The original poster (OP) says she's genuinely fine with most of it. Doing the laundry? The washing machine handles it anyway. Cleaning? The robot vacuum does the heavy lifting. The sister-in-law coming home late at night? OP's a deep sleeper, so whatever. And since she's a full-time homemaker, cooking and housework are just part of her day. She was ready to be generous.
But then came the food list. And it is *a list*.

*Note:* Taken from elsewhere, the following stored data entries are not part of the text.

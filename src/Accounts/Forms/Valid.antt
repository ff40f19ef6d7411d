-- ===== src/Accounts/Forms/Valid.antt =====
-- What a form that is valid has tested.
use hivewiki_web.Base.{
  ℕ, ◌≡◌, refl, sym, ap, ◌∙◌, Bool, true, false, not, ◌&&◌, ◌||◌, Option, none, some, List, [], ◌∷◌,
  ◌++◌, any_of, any_apart, Result, ok, err, ok_raise_if,
}
use hivewiki_web.Base.Text.{Text, strip}
use hivewiki_web.Accounts.Models.{HiveUser}
use hivewiki_web.Accounts.OAuth.Usernames.{iexact}
use hivewiki_web.Accounts.Forms.{
  Field, username, email, password, FormError, mismatch, weak, name_taken, email_taken, clean_with,
  errors_of, text_of, error_if, differ, is_weak, valid, CleanedSignUp, clean_username, clean_email,
  sign_up_checked, sign_up_form,
}

pub append_nil_parts : {A : Type 0} (xs ys : List A) → xs ++ ys ≡ [] → (xs ≡ []) × (ys ≡ [])
append_nil_parts [] ys h = (refl, h)
append_nil_parts (x ∷ xs) ys h = cc (h)

pub valid_lem :
    {A : Type 0} (es : List FormError) (a b : A) → valid es a ≡ ok b → (es ≡ []) × (a ≡ b)
valid_lem [] a b h = (refl, cc (h))
valid_lem (e ∷ es) a b h = cc (h)

pub ok_text_of : (r : Result FormError Text) → errors_of r ≡ [] → r ≡ ok (text_of r)
ok_text_of (err e) h = cc (h)
ok_text_of (ok t) h = refl

pub error_if_lem : (c : Bool) (e : FormError) → error_if c e ≡ [] → c ≡ false
error_if_lem true e h = cc (h)
error_if_lem false e h = refl

pub clean_with_lem :
    (f : Field) (clean : Text → Result FormError Text) (o : Option Text) (t : Text)
    → clean_with f clean o ≡ ok t
    → (v : Text) × (o ≡ some v) × (clean v ≡ ok t)
clean_with_lem f clean none t h = cc (h)
clean_with_lem f clean (some v) t h = (v, refl, h)

pub any_of_or :
    {A : Type 0} (p q : A → Bool) (xs : List A)
    → any_of p xs ≡ false
    → any_of q xs ≡ false
    → any_of (λ x. p x || q x) xs ≡ false
any_of_or p q [] h k = refl
any_of_or p q (x ∷ xs) h k =
    let (e, h') = any_apart p x xs h in
    let (f, k') = any_apart q x xs k in rw (e, f) (any_of_or p q xs h' k')

module _ (fold_char : ℕ → ℕ) (lower : Text → Text) where
  pub clean_username_lem :
      (users : List HiveUser) (is_instance : HiveUser → Bool) (t name : Text)
      → clean_username fold_char lower users is_instance t ≡ ok name
      → any_of (λ u. not (is_instance u) && iexact fold_char u.username name) users ≡ false
  unfolding clean_username
  clean_username_lem users is_instance t name h =
      let test =
        λ (n : Text). any_of (λ u. not (is_instance u) && iexact fold_char u.username n) users in
      let (free, last) = ok_raise_if (test (strip t)) name_taken (ok (strip t)) name h in
      let same : strip t ≡ name = cc (last) in ap test (sym same) ∙ free

  pub clean_username_text :
      (users : List HiveUser) (is_instance : HiveUser → Bool) (t name : Text)
      → clean_username fold_char lower users is_instance t ≡ ok name
      → name ≡ strip t
  unfolding clean_username
  clean_username_text users is_instance t name h =
      let (free, last) =
        ok_raise_if
          (any_of (λ u. not (is_instance u) && iexact fold_char u.username (strip t)) users)
          name_taken (ok (strip t)) name h in
      cc (last)

  pub clean_email_text :
      (users : List HiveUser) (is_instance : HiveUser → Bool) (t address : Text)
      → clean_email fold_char lower users is_instance t ≡ ok address
      → address ≡ lower (strip t)
  unfolding clean_email
  clean_email_text users is_instance t address h =
      let (free, last) =
        ok_raise_if
          (any_of (λ u. not (is_instance u) && iexact fold_char u.email (lower (strip t))) users)
          email_taken (ok (lower (strip t))) address h in
      cc (last)

  pub clean_email_lem :
      (users : List HiveUser) (is_instance : HiveUser → Bool) (t address : Text)
      → clean_email fold_char lower users is_instance t ≡ ok address
      → any_of (λ u. not (is_instance u) && iexact fold_char u.email address) users ≡ false
  unfolding clean_email
  clean_email_lem users is_instance t address h =
      let test =
        λ (n : Text). any_of (λ u. not (is_instance u) && iexact fold_char u.email n) users in
      let (free, last) =
        ok_raise_if (test (lower (strip t))) email_taken (ok (lower (strip t))) address h in
      let same : lower (strip t) ≡ address = cc (last) in ap test (sym same) ∙ free

module _ (clean_field : Field → Text → Option Text) (fold_char : ℕ → ℕ) (lower : Text → Text)
    (validate_password : Text → Text → Text → Bool) where
  -- A sign-up that is valid: the name and the email are the posted ones, as their fields give them, without
  -- the space at their ends and the email in lower case, nobody has them but for case, and the password
  -- is the one that the field gave and passes the validators.
  abbrev pub IsCleanSignUp : List HiveUser → Text → Text → Text → CleanedSignUp → Type 0
  IsCleanSignUp users name address pass c =
      ((x : Text) × (clean_field username name ≡ some x) × (c.username ≡ strip x))
      × ((y : Text) × (clean_field email address ≡ some y) × (c.email ≡ lower (strip y)))
      × (any_of (λ u. iexact fold_char u.username c.username) users ≡ false)
      × (any_of (λ u. iexact fold_char u.email c.email) users ≡ false)
      × (clean_field password pass ≡ some c.password)
      × (is_weak validate_password c.password c.username c.email ≡ false)

  sign_up_checked_lem :
      (u e p c : Result FormError Text) (x : CleanedSignUp)
      → sign_up_checked clean_field fold_char lower validate_password u e p c ≡ ok x
      → (u ≡ ok x.username)
        × (e ≡ ok x.email)
        × (p ≡ ok x.password)
        × (is_weak validate_password x.password x.username x.email ≡ false)
  sign_up_checked_lem (err _) e p c x h = cc (h)
  sign_up_checked_lem (ok u) (err _) p c x h = cc (h)
  sign_up_checked_lem (ok u) (ok e) (err _) c x h = cc (h)
  sign_up_checked_lem (ok u) (ok e) (ok p) (err _) x h = cc (h)
  sign_up_checked_lem (ok u) (ok e) (ok p) (ok c) x h =
      let tested = λ (y : CleanedSignUp). is_weak validate_password y.password y.username y.email in
      let cleaned : CleanedSignUp = record { username = u; email = e; password = p } in
      let (none_added, same) = valid_lem _ cleaned x h in
      let (_, no_weak) = append_nil_parts (error_if (differ p c) mismatch) _ none_added in
      (
        ap (λ (y : CleanedSignUp). ok y.username) same,
        ap (λ (y : CleanedSignUp). ok y.email) same,
        ap (λ (y : CleanedSignUp). ok y.password) same,
        ap tested (sym same) ∙ error_if_lem (tested cleaned) weak no_weak,
      )

  pub sign_up_form-IsCleanSignUp :
      (users : List HiveUser) (name address pass confirmed : Text) (c : CleanedSignUp)
      → sign_up_form clean_field fold_char lower validate_password users name address pass confirmed
        ≡ ok c
      → IsCleanSignUp users name address pass c
  unfolding sign_up_form
  sign_up_form-IsCleanSignUp users name address pass confirmed c h =
      let (u, e, p, strong) = sign_up_checked_lem _ _ _ _ c h in
      let nobody = λ (v : HiveUser). false in
      let (x, fielded, named) =
        clean_with_lem username (clean_username fold_char lower users nobody)
          (clean_field username name) c.username u in
      let (y, fielded', addressed) =
        clean_with_lem email (clean_email fold_char lower users nobody) (clean_field email address)
          c.email e in
      let (z, posted, kept) =
        clean_with_lem password (λ t. ok t) (clean_field password pass) c.password p in
      let same : z ≡ c.password = cc (kept) in
      (
        (x, fielded, clean_username_text fold_char lower users nobody x c.username named),
        (y, fielded', clean_email_text fold_char lower users nobody y c.email addressed),
        clean_username_lem fold_char lower users nobody x c.username named,
        clean_email_lem fold_char lower users nobody y c.email addressed,
        posted ∙ ap some same,
        strong,
      )
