-- ===== src/Marshall/Dispatch.antt =====
-- messages.cpp and the templates MessageParser and MessageDestroyer of Marshall.cpp: from the byte of a
-- message to its type.
use openbookfs.Prelude.{ℕ, zero, suc, ◌+◌, ◌-◌, ◌/◌, ℤ, pos, negsuc, Option, none, some}
use openbookfs.Prelude.{ltb, ltb_ℤ, ◌&&◌, if◌then◌else◌}

-- NUM_MSG of msg_gen/MessageId.h
abbrev pub num_msg : ℕ
num_msg = 37

-- `char` is signed: bytes from 128 on are negative.
unfoldable pub char_of : ℕ → ℤ
char_of byte = if ltb byte 128 then pos byte else negsuc (255 - byte)

-- parseMessageId: nothing when it throws.
unfoldable pub parse_message_id : ℕ → Option ℕ
parse_message_id byte =
    if ltb_ℤ (pos 0) (char_of byte) && ltb_ℤ (char_of byte) (pos num_msg) then some byte else none

-- The binary search of the templates <NA, NC>: the NB whose branch is taken. The templates are
-- instances of each other, so a search outside its bounds would not end; nothing stands for that.
unfoldable pub find_type : ℕ → ℕ → ℕ → ℕ → Option ℕ
find_type zero na nc type = none
find_type (suc fuel) na nc type =
    let nb = (na + nc) / 2 in
    let lower = find_type fuel na nb type in
    let upper = find_type fuel nb nc type in
    if ltb type nb then lower else if ltb nb type then upper else some nb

No seafood of any kind — no fish, no shrimp, no squid, no clams, no raw fish (sashimi/hoe). The reason? She doesn't like the 'mushy texture.' Okay, fine. But then: no meat cooked in broth or soup. That rules out budae-jjigae (the beloved Korean army stew loaded with sausage, ham, and ramen), because apparently even *ham* floating in liquid is unacceptable. No beans. No carrots. No cucumber. No eggplant. If there's even a single piece of carrot in fried rice, she won't eat it.
OP says she's been so worn down by the constant accommodations that she's started automatically removing the sister-in-law's banned ingredients from every dish she makes — almost like she's been gaslit into cooking around one person's entire personality. And to top it off? The sister-in-law can't cook at all. Like, at all. She reportedly can't even crack an egg properly to make a fried egg. OP says this is not a joke.
The kicker that's really setting Korean internet on fire: if the sister-in-law skips a meal, the *husband* visibly gets in a bad mood. So OP is trapped — cook an impossible meal for a picky adult who contributes nothing to the kitchen, or deal with a sulking husband. The comments are not holding back.